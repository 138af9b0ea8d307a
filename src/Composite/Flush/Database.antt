-- ===== src/Composite/Flush/Database.antt =====
-- A flush into the database.
use inery_persistent_memory.Base.{
  ◌≡◌, ◌≢◌, refl, ap, ◌∙◌, true, false, Option, none, some, List, [], ◌∷◌, ◌++◌, if◌then◌else◌,
  Bool-cases, inl, inr, Bytes, bytes_eq, bytes_eq_refl, bytes_eq→eq,
}
use mathlib.Core.List.{append_assoc, append-nil}
use inery_persistent_memory.StdMap.{KeyOps, find, same}
use inery_persistent_memory.StdMap.Find.{same_refl, same→eq}
use inery_persistent_memory.StdMap.Order.{Sorted, find-AllAbove}
use inery_persistent_memory.Serialize.{Codec, ValueOps}
use inery_persistent_memory.DbConf.Prefix.{PrefixType, prefix_names}
use inery_persistent_memory.DbConf.Keys.{
  gen_db_key, gen_db_key-injective, is_key_prefix, prefix_apart,
}
use inery_persistent_memory.LevelDb.{
  LevelDb, Status, status_ok, not_found, BatchOp, put, delete, batch_get,
}
use inery_persistent_memory.LevelDb.Wrapper.{
  ok, throws, Lookup, write_batch, batch_write, batch_erase, read, get_bytes, read_value,
  status_lookup, throw_error, DbError,
}
use inery_persistent_memory.LevelDb.Access.{get_data}
use inery_persistent_memory.Composite.{Layer, on_db, visible}
use inery_persistent_memory.Composite.View.{emptied, database, over, peek, view}
use inery_persistent_memory.Composite.Flush.{clear, batch_all, flush}

module _ {V : Type 0} ⦃vo : ValueOps V⦄ ⦃vc : Codec V⦄ where
  -- what a read gives for the value that a batch has written
  written : Option V → Status × Bytes → Status × Bytes
  written none r = r
  written (some v) r = if vo.is_empty v then (not_found, []) else (status_ok, vc.encode v)

  -- what `Read` makes of the status and the bytes
  abbrev read_result : Status × Bytes → Lookup V
  read_result r = read_value (status_lookup r)

  visible-written :
      (o : Option V) (r : Status × Bytes)
      → visible (read_result (written o r)) ≡ visible (over o (read_result r))
  unfolding written
  visible-written none r = refl
  visible-written (some v) r = elim (Bool-cases (vo.is_empty v)) [
    | inl e ↦ rw e
    | inr e ↦ rw e (rw (vc.decode-encode v) (rw e))
  ]

module _ {K : Type 0} ⦃ko : KeyOps K⦄ ⦃kc : Codec K⦄ (p : PrefixType) where
  bytes_eq-gen_db_key : (k j : K) → bytes_eq (gen_db_key p k) (gen_db_key p j) ≡ same j k
  bytes_eq-gen_db_key k j = elim (Bool-cases (same j k)) [
    | inl e ↦ rw e (rw (same→eq j k e) (bytes_eq_refl (gen_db_key p k)))
    | inr e ↦ elim (Bool-cases (bytes_eq (gen_db_key p k) (gen_db_key p j))) [
      | inl q ↦ cc (gen_db_key-injective p k j (bytes_eq→eq _ _ q), same_refl k)
      | inr q ↦ rw (e, q)
    ]
  ]

module _ {K V : Type 0} ⦃ko : KeyOps K⦄ ⦃vo : ValueOps V⦄ ⦃kc : Codec K⦄ ⦃vc : Codec V⦄
    (p : PrefixType) where
  -- the entry of the batch for an entry of the map
  batch_op : K → V → BatchOp
  batch_op k v =
      if vo.is_empty v then delete (gen_db_key p k) else put (gen_db_key p k) (vc.encode v)

  batch_ops : List (K × V) → List BatchOp
  batch_ops [] = []
  batch_ops ((k, v) ∷ m) = batch_op k v ∷ batch_ops m

  batch_all-append :
      (m : List (K × V)) (batch : List BatchOp) → batch_all p m batch ≡ batch ++ batch_ops m
  unfolding batch_all batch_ops batch_op batch_write batch_erase
  batch_all-append [] batch = rw append-nil
  batch_all-append ((k, v) ∷ m) batch = elim (Bool-cases (vo.is_empty v)) [
    | inl e ↦ rw e (batch_all-append m _ ∙ append_assoc batch _ _)
    | inr e ↦ rw e (batch_all-append m _ ∙ append_assoc batch _ _)
  ]

  batch_get-op :
      (k j : K) (v : V) (ops : List BatchOp) (r : Status × Bytes)
      → batch_get (batch_op k v ∷ ops) (gen_db_key p j) r
        ≡ batch_get ops (gen_db_key p j) (if same j k then written (some v) r else r)
  unfolding batch_op batch_get written
  batch_get-op k j v ops r = elim (Bool-cases (vo.is_empty v)) [
    | inl e ↦ rw e (rw (bytes_eq-gen_db_key p k j))
    | inr e ↦ rw e (rw (bytes_eq-gen_db_key p k j))
  ]

  batch_get-batch_ops :
      (m : List (K × V)) (j : K) (r : Status × Bytes)
      → Sorted m
      → batch_get (batch_ops m) (gen_db_key p j) r ≡ written (find j m) r
  unfolding batch_ops find written batch_get
  batch_get-batch_ops [] j r s = refl
  batch_get-batch_ops ((k, v) ∷ m) j r s = elim (Bool-cases (same j k)) [
    | inl e ↦
        batch_get-op k j v (batch_ops m) r
        ∙ rw e (
            batch_get-batch_ops m j (written (some v) r) s.1
            ∙ rw (same→eq j k e) (rw (find-AllAbove k m s.0)))
    | inr e ↦ batch_get-op k j v (batch_ops m) r ∙ rw e (batch_get-batch_ops m j r s.1)
  ]

  -- a batch of this prefix leaves the keys of the others
  batch_get-other :
      (m : List (K × V)) (q : PrefixType) (x : Bytes) (r : Status × Bytes)
      → is_key_prefix p ≡ true
      → is_key_prefix q ≡ true
      → p ≢ q
      → batch_get (batch_ops m) (prefix_names q ++ x) r ≡ r
  unfolding batch_ops batch_op batch_get gen_db_key
  batch_get-other [] q x r hp hq n = refl
  batch_get-other ((k, v) ∷ m) q x r hp hq n =
      let apart : bytes_eq (prefix_names p ++ kc.encode k) (prefix_names q ++ x) ≡ false =
        elim (Bool-cases (bytes_eq (prefix_names p ++ kc.encode k) (prefix_names q ++ x))) [
          | inl e ↦ absurd (n (prefix_apart p q (kc.encode k) x hp hq (bytes_eq→eq _ _ e)))
          | inr e ↦ e
        ] in
      elim (Bool-cases (vo.is_empty v)) [
        | inl e ↦ rw e (rw apart (batch_get-other m q x r hp hq n))
        | inr e ↦ rw e (rw apart (batch_get-other m q x r hp hq n))
      ]

module _ {K V D : Type 0} ⦃ko : KeyOps K⦄ ⦃vo : ValueOps V⦄ ⦃kc : Codec K⦄ ⦃vc : Codec V⦄
    ⦃ldb : LevelDb D⦄ (p : PrefixType) (l : Layer K V) (d : D) where
  -- what LevelDB answers to the batch of the flush
  abbrev pub answer : Status × D
  answer = ldb.write d (batch_all p l.map_data [])

  get-answer :
      (key : Bytes)
      → answer.0 ≡ status_ok
      → ldb.get answer.1 key ≡ batch_get (batch_ops p l.map_data) key (ldb.get d key)
  get-answer key h =
      ldb.get_write d (batch_all p l.map_data []) key h
      ∙ ap (λ ops. batch_get ops key (ldb.get d key)) (batch_all-append p l.map_data [])

  get_data-answer :
      (j : K)
      → Sorted l.map_data
      → answer.0 ≡ status_ok
      → visible (get_data p j answer.1) ≡ visible (over (find j l.map_data) (get_data p j d))
  unfolding get_data read get_bytes
  get_data-answer j s h = rw (get-answer (gen_db_key p j) h) (
      rw (batch_get-batch_ops p l.map_data j (ldb.get d (gen_db_key p j)) s)
        (visible-written (find j l.map_data) (ldb.get d (gen_db_key p j))))

  -- Where LevelDB accepts the batch, `Flush` into the database of a layer in order succeeds and
  -- empties the layer, its size counter too, and both the database and the cache show at every key what the cache showed.
  pub flush_to_database :
      Sorted l.map_data
      → answer.0 ≡ status_ok
      → (flush p (on_db l d) ≡ (ok tt, on_db (emptied l) answer.1))
        × ((j : K) → visible (get_data p j answer.1) ≡ view p j (on_db l d))
        × ((j : K) → view p j (on_db (emptied l) answer.1) ≡ view p j (on_db l d))
  unfolding flush write_batch clear view peek find throw_error
  flush_to_database s h =
      (rw (h, flush, write_batch), λ j. get_data-answer j s h, λ j. get_data-answer j s h)

  -- Where LevelDB accepts the batch, `Flush` of a cache over a database succeeds, and in the
  -- database under the cache afterwards the entry under any key that begins with the text of another
  -- key prefix is as it was.
  pub flush_keeps_other_keys :
      (q : PrefixType) (x : Bytes)
      → is_key_prefix p ≡ true
      → is_key_prefix q ≡ true
      → p ≢ q
      → answer.0 ≡ status_ok
      → ((flush p (on_db l d)).0 ≡ ok tt)
        × ((d' : D) × (database (flush p (on_db l d)).1 ≡ some d')
            × (ldb.get d' (prefix_names q ++ x) ≡ ldb.get d (prefix_names q ++ x)))
  unfolding flush write_batch throw_error database
  flush_keeps_other_keys q x hp hq n h = (
    rw (h, flush, write_batch) refl,
    (
      answer.1,
      rw (h, flush, write_batch) refl,
      get-answer (prefix_names q ++ x) h ∙ batch_get-other p l.map_data q x _ hp hq n,
    ),
  )

  -- Where LevelDB refuses the batch, `Flush` throws the error of the status and the layer keeps its
  -- entries.
  pub flush_refused :
      (e : DbError)
      → throw_error answer.0 ≡ some e
      → flush p (on_db l d) ≡ (throws e, on_db l answer.1)
  unfolding flush write_batch
  flush_refused e h = rw (h, flush, write_batch)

_WHAT TO DO_: Where a line of the records above holds the word "Composite", count it; give the total as a single number and nothing else.

_SOLUTION TO THIS TASK_: 5